(Stored items)
Content starts
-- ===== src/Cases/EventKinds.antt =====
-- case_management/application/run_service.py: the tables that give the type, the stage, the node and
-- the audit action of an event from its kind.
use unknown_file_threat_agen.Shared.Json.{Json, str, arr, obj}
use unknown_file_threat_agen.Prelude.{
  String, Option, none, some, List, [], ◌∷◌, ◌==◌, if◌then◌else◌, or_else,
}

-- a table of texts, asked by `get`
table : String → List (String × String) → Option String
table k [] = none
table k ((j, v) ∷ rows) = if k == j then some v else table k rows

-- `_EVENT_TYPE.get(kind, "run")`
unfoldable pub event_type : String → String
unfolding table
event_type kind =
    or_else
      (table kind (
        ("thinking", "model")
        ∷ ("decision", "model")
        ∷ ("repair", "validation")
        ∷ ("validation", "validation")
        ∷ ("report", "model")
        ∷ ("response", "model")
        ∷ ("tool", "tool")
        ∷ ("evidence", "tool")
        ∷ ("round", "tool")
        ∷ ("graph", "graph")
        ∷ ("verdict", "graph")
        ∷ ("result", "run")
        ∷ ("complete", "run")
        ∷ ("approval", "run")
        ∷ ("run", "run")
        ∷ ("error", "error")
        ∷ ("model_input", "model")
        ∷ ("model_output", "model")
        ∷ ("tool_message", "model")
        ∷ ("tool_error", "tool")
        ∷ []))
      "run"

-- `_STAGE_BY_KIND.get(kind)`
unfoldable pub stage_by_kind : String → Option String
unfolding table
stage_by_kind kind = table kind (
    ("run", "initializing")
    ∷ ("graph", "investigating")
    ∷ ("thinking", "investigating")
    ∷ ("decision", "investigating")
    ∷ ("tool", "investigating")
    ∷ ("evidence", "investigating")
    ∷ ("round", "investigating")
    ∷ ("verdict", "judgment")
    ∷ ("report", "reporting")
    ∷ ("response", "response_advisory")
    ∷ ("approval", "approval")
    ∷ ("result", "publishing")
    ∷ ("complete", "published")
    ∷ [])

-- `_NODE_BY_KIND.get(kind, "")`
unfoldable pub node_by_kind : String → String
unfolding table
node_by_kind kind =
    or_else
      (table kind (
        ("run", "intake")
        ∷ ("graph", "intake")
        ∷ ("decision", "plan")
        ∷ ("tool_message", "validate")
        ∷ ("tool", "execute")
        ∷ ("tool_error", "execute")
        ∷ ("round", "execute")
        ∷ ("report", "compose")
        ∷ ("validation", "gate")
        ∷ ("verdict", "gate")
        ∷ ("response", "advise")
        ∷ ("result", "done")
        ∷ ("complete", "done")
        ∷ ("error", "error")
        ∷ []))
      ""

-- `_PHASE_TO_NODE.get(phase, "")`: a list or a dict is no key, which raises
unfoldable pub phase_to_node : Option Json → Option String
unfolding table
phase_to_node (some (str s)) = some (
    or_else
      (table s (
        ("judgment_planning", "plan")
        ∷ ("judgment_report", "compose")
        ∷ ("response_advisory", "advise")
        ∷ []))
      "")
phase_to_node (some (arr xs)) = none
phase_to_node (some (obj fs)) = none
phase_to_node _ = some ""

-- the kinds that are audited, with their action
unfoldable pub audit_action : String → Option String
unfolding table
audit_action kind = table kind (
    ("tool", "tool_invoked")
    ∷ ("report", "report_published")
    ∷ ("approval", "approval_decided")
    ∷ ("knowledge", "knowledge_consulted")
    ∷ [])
Content ends
> Work instructions
Please restate the preceding entries word for word.

> Answer space
-- ===== src/Cases/EventKinds.antt =====
-- case_management/application/run_service.py: the tables that give the type, the stage, the node and
-- the audit action of an event from its kind.
use unknown_file_threat_agen.Shared.Json.{Json, str, arr, obj}
use unknown_file_threat_agen.Prelude.{
  String, Option, none, some, List, [], ◌∷◌, ◌==◌, if◌then◌else◌, or_else,
}

-- a table of texts, asked by `get`
table : String → List (String × String) → Option String
table k [] = none
table k ((j, v) ∷ rows) = if k == j then some v else table k rows

-- `_EVENT_TYPE.get(kind, "run")`
unfoldable pub event_type : String → String
unfolding table
event_type kind =
    or_else
      (table kind (
        ("thinking", "model")
        ∷ ("decision", "model")
        ∷ ("repair", "validation")
        ∷ ("validation", "validation")
        ∷ ("report", "model")
        ∷ ("response", "model")
        ∷ ("tool", "tool")
        ∷ ("evidence", "tool")
        ∷ ("round", "tool")
        ∷ ("graph", "graph")
        ∷ ("verdict", "graph")
        ∷ ("result", "run")
        ∷ ("complete", "run")
        ∷ ("approval", "run")
        ∷ ("run", "run")
        ∷ ("error", "error")
        ∷ ("model_input", "model")
        ∷ ("model_output", "model")
        ∷ ("tool_message", "model")
        ∷ ("tool_error", "tool")
        ∷ []))
      "run"

-- `_STAGE_BY_KIND.get(kind)`
unfoldable pub stage_by_kind : String → Option String
unfolding table
stage_by_kind kind = table kind (
    ("run", "initializing")
    ∷ ("graph", "investigating")
    ∷ ("thinking", "investigating")
    ∷ ("decision", "investigating")
    ∷ ("tool", "investigating")
    ∷ ("evidence", "investigating")
    ∷ ("round", "investigating")
    ∷ ("verdict", "judgment")
    ∷ ("report", "reporting")
    ∷ ("response", "response_advisory")
    ∷ ("approval", "approval")
    ∷ ("result", "publishing")
    ∷ ("complete", "published")
    ∷ [])

-- `_NODE_BY_KIND.get(kind, "")`
unfoldable pub node_by_kind : String → String
unfolding table
node_by_kind kind =
    or_else
      (table kind (
        ("run", "intake")
        ∷ ("graph", "intake")
        ∷ ("decision", "plan")
        ∷ ("tool_message", "validate")
        ∷ ("tool", "execute")
        ∷ ("tool_error", "execute")
        ∷ ("round", "execute")
        ∷ ("report", "compose")
        ∷ ("validation", "gate")
        ∷ ("verdict", "gate")
        ∷ ("response", "advise")
        ∷ ("result", "done")
        ∷ ("complete", "done")
        ∷ ("error", "error")
        ∷ []))
      ""

-- `_PHASE_TO_NODE.get(phase, "")`: a list or a dict is no key, which raises
unfoldable pub phase_to_node : Option Json → Option String
unfolding table
phase_to_node (some (str s)) = some (
    or_else
      (table s (
        ("judgment_planning", "plan")
        ∷ ("judgment_report", "compose")
        ∷ ("response_advisory", "advise")
        ∷ []))
      "")
phase_to_node (some (arr xs)) = none
phase_to_node (some (obj fs)) = none
phase_to_node _ = some ""

-- the kinds that are audited, with their action
unfoldable pub audit_action : String → Option String
unfolding table
audit_action kind = table kind (
    ("tool", "tool_invoked")
    ∷ ("report", "report_published")
    ∷ ("approval", "approval_decided")
    ∷ ("knowledge", "knowledge_consulted")
    ∷ [])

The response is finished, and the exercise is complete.